**ACTION ITEM**
Take the data below and extract the lines from the one with "answers-expected [] h = refl" to the one with "is_running_until before after", inclusive, exactly as written.

**DATA PROVIDED**

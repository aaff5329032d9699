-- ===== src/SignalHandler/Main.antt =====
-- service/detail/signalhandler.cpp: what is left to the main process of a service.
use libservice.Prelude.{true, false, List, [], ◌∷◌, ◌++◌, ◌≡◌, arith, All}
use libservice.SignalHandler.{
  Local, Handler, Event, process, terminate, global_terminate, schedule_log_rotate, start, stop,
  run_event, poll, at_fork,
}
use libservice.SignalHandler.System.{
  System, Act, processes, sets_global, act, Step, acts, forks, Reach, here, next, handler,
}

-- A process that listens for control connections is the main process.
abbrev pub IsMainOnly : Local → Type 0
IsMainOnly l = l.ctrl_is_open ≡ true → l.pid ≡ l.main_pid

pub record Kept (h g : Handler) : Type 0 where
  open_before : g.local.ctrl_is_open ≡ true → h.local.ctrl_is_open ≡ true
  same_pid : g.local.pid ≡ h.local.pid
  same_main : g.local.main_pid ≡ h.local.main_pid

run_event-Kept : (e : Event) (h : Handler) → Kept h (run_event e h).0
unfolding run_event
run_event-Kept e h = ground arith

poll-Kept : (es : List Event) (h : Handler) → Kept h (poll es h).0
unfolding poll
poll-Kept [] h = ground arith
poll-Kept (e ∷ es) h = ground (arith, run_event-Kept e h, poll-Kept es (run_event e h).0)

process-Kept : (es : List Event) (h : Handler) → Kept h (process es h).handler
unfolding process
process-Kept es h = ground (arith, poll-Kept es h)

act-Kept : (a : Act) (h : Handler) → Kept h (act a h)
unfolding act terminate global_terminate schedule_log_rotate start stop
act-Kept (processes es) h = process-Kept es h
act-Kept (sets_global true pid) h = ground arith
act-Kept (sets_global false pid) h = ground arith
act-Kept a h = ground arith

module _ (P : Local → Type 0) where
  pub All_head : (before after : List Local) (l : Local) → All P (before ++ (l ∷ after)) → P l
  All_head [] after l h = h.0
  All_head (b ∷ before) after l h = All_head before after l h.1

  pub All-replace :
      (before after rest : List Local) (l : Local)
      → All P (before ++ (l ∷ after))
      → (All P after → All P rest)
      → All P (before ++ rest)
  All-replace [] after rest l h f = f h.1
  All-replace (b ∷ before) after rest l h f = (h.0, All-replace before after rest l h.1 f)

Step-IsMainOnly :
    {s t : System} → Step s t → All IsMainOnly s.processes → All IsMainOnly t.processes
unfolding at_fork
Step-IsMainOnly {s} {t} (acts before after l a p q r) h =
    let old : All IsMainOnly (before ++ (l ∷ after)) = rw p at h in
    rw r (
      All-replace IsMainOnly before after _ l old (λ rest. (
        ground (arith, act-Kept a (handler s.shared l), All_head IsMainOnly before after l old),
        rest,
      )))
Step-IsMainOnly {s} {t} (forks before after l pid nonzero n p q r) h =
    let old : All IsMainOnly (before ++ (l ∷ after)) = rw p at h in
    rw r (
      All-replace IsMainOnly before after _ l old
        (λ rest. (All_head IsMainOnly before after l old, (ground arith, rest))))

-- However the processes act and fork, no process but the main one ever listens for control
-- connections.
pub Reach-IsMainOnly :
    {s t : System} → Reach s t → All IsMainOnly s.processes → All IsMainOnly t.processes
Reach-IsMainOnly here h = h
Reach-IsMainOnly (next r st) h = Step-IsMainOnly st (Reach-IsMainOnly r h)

...

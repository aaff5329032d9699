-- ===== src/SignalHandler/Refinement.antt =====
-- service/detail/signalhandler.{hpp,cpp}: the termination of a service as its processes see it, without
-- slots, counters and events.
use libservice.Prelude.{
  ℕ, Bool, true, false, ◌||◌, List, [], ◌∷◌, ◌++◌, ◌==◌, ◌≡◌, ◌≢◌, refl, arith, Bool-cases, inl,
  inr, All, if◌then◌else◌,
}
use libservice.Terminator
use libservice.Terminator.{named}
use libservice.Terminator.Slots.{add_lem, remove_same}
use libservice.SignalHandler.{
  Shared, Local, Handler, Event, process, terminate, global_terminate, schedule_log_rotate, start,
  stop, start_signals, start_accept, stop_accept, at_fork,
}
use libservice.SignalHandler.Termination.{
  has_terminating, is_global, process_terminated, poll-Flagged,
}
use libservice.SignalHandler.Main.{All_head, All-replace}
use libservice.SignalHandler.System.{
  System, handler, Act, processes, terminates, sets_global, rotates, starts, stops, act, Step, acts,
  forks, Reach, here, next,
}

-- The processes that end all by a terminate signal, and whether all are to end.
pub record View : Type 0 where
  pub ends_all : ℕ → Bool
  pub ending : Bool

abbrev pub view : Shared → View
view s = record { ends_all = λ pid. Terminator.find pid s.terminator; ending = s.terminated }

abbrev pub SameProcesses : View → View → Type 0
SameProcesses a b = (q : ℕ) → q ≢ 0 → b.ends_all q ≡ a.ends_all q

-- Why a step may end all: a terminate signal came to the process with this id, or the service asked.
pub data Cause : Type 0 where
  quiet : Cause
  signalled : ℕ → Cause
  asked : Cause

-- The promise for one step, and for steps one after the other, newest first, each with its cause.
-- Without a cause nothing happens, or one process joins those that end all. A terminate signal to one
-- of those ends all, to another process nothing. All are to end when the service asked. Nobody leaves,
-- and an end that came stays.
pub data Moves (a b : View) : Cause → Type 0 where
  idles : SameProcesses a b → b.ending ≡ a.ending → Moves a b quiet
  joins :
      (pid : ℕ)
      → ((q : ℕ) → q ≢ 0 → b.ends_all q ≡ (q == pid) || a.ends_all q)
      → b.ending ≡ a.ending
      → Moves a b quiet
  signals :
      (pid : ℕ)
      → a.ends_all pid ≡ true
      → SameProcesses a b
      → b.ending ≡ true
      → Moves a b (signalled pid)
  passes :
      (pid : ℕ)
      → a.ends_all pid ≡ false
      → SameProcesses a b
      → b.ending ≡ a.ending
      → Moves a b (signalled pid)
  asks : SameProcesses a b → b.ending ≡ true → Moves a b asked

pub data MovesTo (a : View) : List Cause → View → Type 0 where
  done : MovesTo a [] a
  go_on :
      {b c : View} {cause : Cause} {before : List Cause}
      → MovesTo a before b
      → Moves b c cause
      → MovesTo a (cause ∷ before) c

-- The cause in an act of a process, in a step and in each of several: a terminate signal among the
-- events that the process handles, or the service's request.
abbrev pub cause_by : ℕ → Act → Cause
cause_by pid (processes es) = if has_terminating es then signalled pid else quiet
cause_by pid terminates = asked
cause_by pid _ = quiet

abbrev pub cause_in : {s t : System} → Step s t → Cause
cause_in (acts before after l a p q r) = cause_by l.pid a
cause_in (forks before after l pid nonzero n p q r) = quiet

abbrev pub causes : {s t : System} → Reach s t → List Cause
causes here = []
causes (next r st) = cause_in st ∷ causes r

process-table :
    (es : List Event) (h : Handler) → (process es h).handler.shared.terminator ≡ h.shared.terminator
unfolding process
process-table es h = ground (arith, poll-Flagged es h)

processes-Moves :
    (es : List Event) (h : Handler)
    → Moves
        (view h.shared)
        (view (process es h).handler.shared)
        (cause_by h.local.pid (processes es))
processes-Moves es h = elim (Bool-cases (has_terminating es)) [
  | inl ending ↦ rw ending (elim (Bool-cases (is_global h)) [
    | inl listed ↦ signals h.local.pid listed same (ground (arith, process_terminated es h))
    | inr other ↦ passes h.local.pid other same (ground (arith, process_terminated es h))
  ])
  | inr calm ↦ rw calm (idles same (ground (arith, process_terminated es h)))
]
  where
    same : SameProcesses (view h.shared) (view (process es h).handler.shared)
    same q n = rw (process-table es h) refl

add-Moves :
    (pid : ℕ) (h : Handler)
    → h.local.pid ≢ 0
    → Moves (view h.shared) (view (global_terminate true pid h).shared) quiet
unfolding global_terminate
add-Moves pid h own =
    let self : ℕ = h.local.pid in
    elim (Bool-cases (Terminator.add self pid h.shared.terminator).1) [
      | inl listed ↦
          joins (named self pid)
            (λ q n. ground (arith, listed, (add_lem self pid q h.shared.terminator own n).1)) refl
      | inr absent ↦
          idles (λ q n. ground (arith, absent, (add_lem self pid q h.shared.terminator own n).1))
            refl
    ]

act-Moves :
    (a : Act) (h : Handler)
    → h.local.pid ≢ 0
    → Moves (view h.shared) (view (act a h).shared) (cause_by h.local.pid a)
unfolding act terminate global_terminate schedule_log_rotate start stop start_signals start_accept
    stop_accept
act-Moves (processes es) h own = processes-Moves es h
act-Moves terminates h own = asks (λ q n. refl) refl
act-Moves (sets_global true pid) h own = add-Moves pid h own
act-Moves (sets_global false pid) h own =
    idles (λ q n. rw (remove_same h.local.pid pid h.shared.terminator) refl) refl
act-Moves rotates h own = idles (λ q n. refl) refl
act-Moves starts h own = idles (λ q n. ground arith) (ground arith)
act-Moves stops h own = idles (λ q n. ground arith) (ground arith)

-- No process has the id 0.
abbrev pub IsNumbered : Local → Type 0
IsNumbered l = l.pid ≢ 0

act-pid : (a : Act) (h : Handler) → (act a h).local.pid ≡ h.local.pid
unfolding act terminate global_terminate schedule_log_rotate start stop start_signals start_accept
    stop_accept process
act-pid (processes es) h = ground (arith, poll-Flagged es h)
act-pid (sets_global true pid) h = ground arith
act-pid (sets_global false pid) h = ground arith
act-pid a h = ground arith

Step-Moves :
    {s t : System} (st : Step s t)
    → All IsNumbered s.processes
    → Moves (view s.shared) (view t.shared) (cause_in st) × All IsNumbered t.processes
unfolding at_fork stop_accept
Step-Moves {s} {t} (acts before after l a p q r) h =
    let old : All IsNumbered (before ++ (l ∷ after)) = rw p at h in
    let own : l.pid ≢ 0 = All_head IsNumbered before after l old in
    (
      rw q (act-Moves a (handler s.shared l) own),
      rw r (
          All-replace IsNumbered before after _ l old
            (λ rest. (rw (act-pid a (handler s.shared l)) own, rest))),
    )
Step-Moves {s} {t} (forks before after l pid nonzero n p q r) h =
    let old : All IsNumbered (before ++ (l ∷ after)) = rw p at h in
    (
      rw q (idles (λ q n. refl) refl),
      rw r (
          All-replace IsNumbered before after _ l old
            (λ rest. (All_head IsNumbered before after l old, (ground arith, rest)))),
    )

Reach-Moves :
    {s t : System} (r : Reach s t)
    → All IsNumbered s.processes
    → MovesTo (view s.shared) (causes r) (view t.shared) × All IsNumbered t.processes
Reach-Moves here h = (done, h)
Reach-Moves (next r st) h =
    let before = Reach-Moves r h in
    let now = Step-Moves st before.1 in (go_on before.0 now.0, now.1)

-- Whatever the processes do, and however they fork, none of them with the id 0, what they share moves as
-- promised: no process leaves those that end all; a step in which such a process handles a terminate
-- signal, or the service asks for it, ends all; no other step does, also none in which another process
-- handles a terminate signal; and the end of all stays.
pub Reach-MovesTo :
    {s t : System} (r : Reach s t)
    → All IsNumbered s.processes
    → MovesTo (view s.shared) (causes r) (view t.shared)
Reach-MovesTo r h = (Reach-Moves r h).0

==

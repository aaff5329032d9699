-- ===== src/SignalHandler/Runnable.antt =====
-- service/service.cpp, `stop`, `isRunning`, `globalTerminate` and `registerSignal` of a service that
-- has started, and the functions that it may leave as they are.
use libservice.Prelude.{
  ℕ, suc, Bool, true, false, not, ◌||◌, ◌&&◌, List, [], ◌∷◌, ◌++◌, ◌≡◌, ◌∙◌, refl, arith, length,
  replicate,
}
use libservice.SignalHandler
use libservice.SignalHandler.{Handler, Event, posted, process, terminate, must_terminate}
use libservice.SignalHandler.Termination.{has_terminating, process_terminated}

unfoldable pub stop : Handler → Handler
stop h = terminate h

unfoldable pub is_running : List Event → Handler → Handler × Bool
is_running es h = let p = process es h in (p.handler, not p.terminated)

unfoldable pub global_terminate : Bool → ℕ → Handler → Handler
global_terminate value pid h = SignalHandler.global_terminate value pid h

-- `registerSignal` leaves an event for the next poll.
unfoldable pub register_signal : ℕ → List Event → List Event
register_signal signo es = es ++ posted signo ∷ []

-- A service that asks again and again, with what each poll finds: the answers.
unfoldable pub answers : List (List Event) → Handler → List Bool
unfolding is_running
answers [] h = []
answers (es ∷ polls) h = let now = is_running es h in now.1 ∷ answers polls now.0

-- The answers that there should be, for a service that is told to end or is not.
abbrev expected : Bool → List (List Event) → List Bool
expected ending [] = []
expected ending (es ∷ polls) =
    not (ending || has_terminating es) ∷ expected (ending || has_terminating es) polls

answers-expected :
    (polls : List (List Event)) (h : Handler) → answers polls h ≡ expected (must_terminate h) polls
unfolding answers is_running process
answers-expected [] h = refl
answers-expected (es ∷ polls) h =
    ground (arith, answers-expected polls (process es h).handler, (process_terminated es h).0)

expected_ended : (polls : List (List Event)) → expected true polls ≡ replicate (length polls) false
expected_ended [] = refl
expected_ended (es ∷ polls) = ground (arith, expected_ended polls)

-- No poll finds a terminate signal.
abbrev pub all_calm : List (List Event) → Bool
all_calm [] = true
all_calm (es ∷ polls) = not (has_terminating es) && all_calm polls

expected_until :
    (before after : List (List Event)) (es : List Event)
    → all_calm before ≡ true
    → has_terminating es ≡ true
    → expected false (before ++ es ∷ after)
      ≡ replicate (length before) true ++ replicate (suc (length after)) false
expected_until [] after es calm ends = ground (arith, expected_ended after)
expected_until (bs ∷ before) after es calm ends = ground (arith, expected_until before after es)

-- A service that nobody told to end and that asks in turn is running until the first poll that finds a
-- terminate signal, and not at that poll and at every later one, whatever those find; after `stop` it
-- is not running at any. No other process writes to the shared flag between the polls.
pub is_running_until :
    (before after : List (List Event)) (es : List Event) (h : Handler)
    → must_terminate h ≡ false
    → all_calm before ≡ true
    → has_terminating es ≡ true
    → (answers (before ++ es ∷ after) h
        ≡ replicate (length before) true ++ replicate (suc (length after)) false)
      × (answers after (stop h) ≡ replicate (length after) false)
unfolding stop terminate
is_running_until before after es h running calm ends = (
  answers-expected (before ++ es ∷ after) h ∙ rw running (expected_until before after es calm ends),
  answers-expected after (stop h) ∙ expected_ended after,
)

**YOUR RESPONSE**
answers-expected [] h = refl
answers-expected (es ∷ polls) h =
    ground (arith, answers-expected polls (process es h).handler, (process_terminated es h).0)

expected_ended : (polls : List (List Event)) → expected true polls ≡ replicate (length polls) false
expected_ended [] = refl
expected_ended (es ∷ polls) = ground (arith, expected_ended polls)

-- No poll finds a terminate signal.
abbrev pub all_calm : List (List Event) → Bool
all_calm [] = true
all_calm (es ∷ polls) = not (has_terminating es) && all_calm polls

expected_until :
    (before after : List (List Event)) (es : List Event)
    → all_calm before ≡ true
    → has_terminating es ≡ true
    → expected false (before ++ es ∷ after)
      ≡ replicate (length before) true ++ replicate (suc (length after)) false
expected_until [] after es calm ends = ground (arith, expected_ended after)
expected_until (bs ∷ before) after es calm ends = ground (arith, expected_until before after es)

-- A service that nobody told to end and that asks in turn is running until the first poll that finds a
-- terminate signal, and not at that poll and at every later one, whatever those find; after `stop` it
-- is not running at any. No other process writes to the shared flag between the polls.
pub is_running_until :
    (before after : List (List Event)) (es : List Event) (h : Handler)
    → must_terminate h ≡ false
    → all_calm before ≡ true
    → has_terminating es ≡ true
    → (answers (before ++ es ∷ after) h
        ≡ replicate (length before) true ++ replicate (suc (length after)) false)
      × (answers after (stop h) ≡ replicate (length after) false)
unfolding stop terminate
is_running_until before after es h running calm ends = (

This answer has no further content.